I am much for a permie approach, but obviously that does not scale up to town or city size. Own minimalist setup, a hundred watt of solar electric was plenty for lighting and computer/small appliances, though I didn't get around to making an extra low consumption freezer converted to fridge which on paper at least would have fitted. This is south of Spain mind. What I found was that at our locality, everything was made more difficult by bureaucracy, it really seemed like an individual or independent approach was to be discouraged, even the humblest of kind. Spain has a herd like mentality though, if you stand out somehow equally you get picked on. Same goes for monopolising energy supply and introducing hurdles for independent alternate there , and at EU level we have similar by increased taxing not too long ago on solar panel imports. Actually I remember a story from Oz of someone who set themselves up to be self sufficient, and felt secure with that until there was some kind of riot that went on, and he realised that without a strong community all his effort would be for nothing in certain circumstances. In Spain it was the authorities themselves that eventually crossed the line of "completely unacceptable", and we left.
Anyway, there I made a heat exchanger based on
https://makezine.com/projects/heat-exchanger/
with room sealed enough to work with only one 12cm (if I remember) 12v computer fan.
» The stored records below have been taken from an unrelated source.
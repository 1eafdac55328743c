-- ===== src/Gold/Fees.antt =====
-- That of the records of a derived ledger only those of fees have a fee amount.
use spectraplex.Base.{
  ℕ, pos, ltb_ℤ, String, false, ◌||◌, not, ◌≡◌, refl, inl, inr, Bool-cases, Option-cases, Option,
  none, some, is_some, List, [], ◌∷◌, map, All, All-append, str_eq, concat_map, unwrap_or,
}
use mathlib.Core.Option
use spectraplex.Gold.{
  Outside, RawTransaction, TokenTransfer, NativeBalanceDelta, HlFillRecord, HlFundingPayment,
  Silver, WalletLedgerRecord, is_hyperliquid, is_wallet, transfer_records, native_fee, native_flow,
  native_records, fill_record, cash_flow, cash_records, funding_record,
}
use spectraplex.Gold.Flows.{Flow, native_flows, flow_record, evm_native, ledger_records}

-- Only a record of a fee has a fee amount.
abbrev pub HasOneFee : {D : Type 0} → WalletLedgerRecord D → Type 0
HasOneFee r = str_eq r.entry_type "fee" ≡ false → r.fee_amount ≡ none

module _ (o : Outside) (wallet : String) (version : Option ℕ) (raws : List RawTransaction) where
  abbrev AllHaveOneFee : List (WalletLedgerRecord o.BigDecimal) → Type 0
  AllHaveOneFee = All HasOneFee

  transfers-HasOneFee :
      (t : TokenTransfer o.BigDecimal) → AllHaveOneFee (transfer_records o wallet version raws t)
  unfolding transfer_records
  transfers-HasOneFee t = elim (Bool-cases (ltb_ℤ t.decimals (pos 0))) [
    | inl d ↦ rw d tt
    | inr d ↦ elim (Bool-cases (is_wallet o wallet version raws t.from_address)) [
      | inl e ↦ elim (Bool-cases (is_wallet o wallet version raws t.to_address)) [
        | inl f ↦ rw (d, e, f) tt
        | inr f ↦ rw (d, e, f) (λ h. refl, tt)
      ]
      | inr e ↦ elim (Bool-cases (is_wallet o wallet version raws t.to_address)) [
        | inl f ↦ rw (d, e, f) (λ h. refl, tt)
        | inr f ↦ rw (d, e, f) tt
      ]
    ]
  ]

  flow-HasOneFee :
      (d : NativeBalanceDelta o.BigDecimal) (fee amount : o.BigDecimal) (kind : String)
      → AllHaveOneFee (native_flow o wallet version raws d fee kind amount)
  flow-HasOneFee d fee amount kind = elim (Bool-cases (o.equal amount o.zero)) [
    | inl e ↦ rw e tt
    | inr e ↦ rw e (λ h. rw h refl, tt)
  ]

  natives-HasOneFee :
      (d : NativeBalanceDelta o.BigDecimal) → AllHaveOneFee (native_records o wallet version raws d)
  unfolding native_records
  natives-HasOneFee d =
      let fee = native_fee o wallet version raws d in
      elim (Bool-cases
        (not (is_wallet o wallet version raws d.account_address) || is_hyperliquid d.network)) [
          | inl e ↦ rw e tt
          | inr e ↦ rw e (
              All-append HasOneFee (native_flow o wallet version raws d fee "transfer" _) _
                (flow-HasOneFee d fee _ "transfer") (flow-HasOneFee d fee _ "fee"))
        ]

  fills-HasOneFee :
      (fills : List (HlFillRecord o.BigDecimal))
      → AllHaveOneFee (map (fill_record o wallet version raws) fills)
  unfolding fill_record
  fills-HasOneFee [] = tt
  fills-HasOneFee (f ∷ fills) = (λ h. refl, fills-HasOneFee fills)

  cash_flow-HasOneFee :
      (f : HlFillRecord o.BigDecimal) (kind asset : String) (amount : Option o.BigDecimal)
      → AllHaveOneFee (cash_flow o wallet version raws f kind amount asset)
  cash_flow-HasOneFee f kind asset none = tt
  cash_flow-HasOneFee f kind asset (some amount) = elim (Bool-cases (o.equal amount o.zero)) [
    | inl e ↦ rw e tt
    | inr e ↦ rw e (λ h. rw h refl, tt)
  ]

  cash-HasOneFee :
      (f : HlFillRecord o.BigDecimal) → AllHaveOneFee (cash_records o wallet version raws f)
  unfolding cash_records
  cash-HasOneFee f =
      let fee = Option.map o.neg f.fee in
      let fee_asset = unwrap_or f.fee_token "USDC" in
      All-append HasOneFee (cash_flow o wallet version raws f "fee" fee fee_asset)
        (cash_flow o wallet version raws f "income" f.closed_pnl "USDC")
        (cash_flow-HasOneFee f "fee" fee_asset fee)
        (cash_flow-HasOneFee f "income" "USDC" f.closed_pnl)

  funding-HasOneFee :
      (payments : List (HlFundingPayment o.BigDecimal))
      → AllHaveOneFee (map (funding_record o wallet version raws) payments)
  unfolding funding_record
  funding-HasOneFee [] = tt
  funding-HasOneFee (p ∷ payments) = (λ h. refl, funding-HasOneFee payments)

  flows-HasOneFee :
      (raw : RawTransaction) (flows : List (Flow o))
      → AllHaveOneFee (map (flow_record o wallet version raws raw) flows)
  flows-HasOneFee raw [] = tt
  flows-HasOneFee raw ((kind, amount) ∷ flows) = (λ h. rw h refl, flows-HasOneFee raw flows)

  evm-HasOneFee :
      (raw : RawTransaction) → AllHaveOneFee (evm_native o wallet version raws raw).records
  unfolding evm_native
  evm-HasOneFee raw = elim (Bool-cases (is_some raw.raw_metadata.from_)) [
    | inr e ↦ rw e tt
    | inl e ↦ elim (Option-cases (native_flows o raw.raw_metadata wallet)) [
      | inl f ↦ rw (e, f) tt
      | inr (flows, f) ↦ rw (e, f) (flows-HasOneFee raw flows)
    ]
  ]

  each-HasOneFee :
      {S : Type 0} (f : S → List (WalletLedgerRecord o.BigDecimal))
      → ((x : S) → AllHaveOneFee (f x))
      → (xs : List S) → AllHaveOneFee (concat_map f xs)
  each-HasOneFee f h [] = tt
  each-HasOneFee f h (x ∷ xs) =
      All-append HasOneFee (f x) (concat_map f xs) (h x) (each-HasOneFee f h xs)

pub ledger-HasOneFee :
    (o : Outside) (wallet : String) (version : Option ℕ) (s : Silver o.BigDecimal)
    → All HasOneFee (ledger_records o wallet version s)
unfolding ledger_records
ledger-HasOneFee o wallet version s =
    let raws = s.raw_txs in
    All-append HasOneFee (concat_map (transfer_records o wallet version raws) s.token_transfers) _
      (each-HasOneFee o wallet version raws _ (transfers-HasOneFee o wallet version raws)
        s.token_transfers)
      (All-append HasOneFee (concat_map (native_records o wallet version raws) s.native_deltas) _
        (each-HasOneFee o wallet version raws _ (natives-HasOneFee o wallet version raws)
          s.native_deltas)
        (All-append HasOneFee (map (fill_record o wallet version raws) s.hl_fills) _
          (fills-HasOneFee o wallet version raws s.hl_fills)
          (All-append HasOneFee (concat_map (cash_records o wallet version raws) s.hl_fills) _
            (each-HasOneFee o wallet version raws _ (cash-HasOneFee o wallet version raws)
              s.hl_fills)
            (All-append HasOneFee (map (funding_record o wallet version raws) s.hl_funding) _
              (funding-HasOneFee o wallet version raws s.hl_funding)
              (each-HasOneFee o wallet version raws _ (evm-HasOneFee o wallet version raws)
                raws)))))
Inlet and exit was at top at ends, those could be placed any side. The one I made was polycarbonate housing, simple foil folded back and forth (5 mm or 10mm as channels, I don't remember which). That was left powered on year round, hardly uses electricity, and fan would need replacing maybe once a year (they are about 5 pounds). Figuring a water run off channel (from condensation) is nescessary also.
The result was always clean air in the 20m sq room, no humidity. I had made it because in winter temps go down to under 10 centigrade, towards freezing, for part of the year, and I wanted ventilation for evening use of kerosene heater, and to reduce condensation at night, while keeping heat in. As it was it ended up keping the room warm enough without having to use the heater, and no condensation at all. The building itself was not even very insulated. So there is a simple idea for some circumstances.
NOTE You would not want to use that setup in a sealed room with combustion going without also a natural air inlet open, a failsafe second vent, CO alarm or combination of those etc., and should follow recommended guidelines or due diligence for that. The fan stopping for any reason would otherwise lead to a perilous circumstance, even considering that many heaters now have a low O2 cutoff threshold.
Lower temperature ground heat storage is also an idea that has been used in the past, in the south of europe it is pretty much the other way round though, where building thermal mass helps keep temperatures down inside in summer. I had wanted to try a water tank thermal storage arrangement for extra heat, but we left before I got around to that.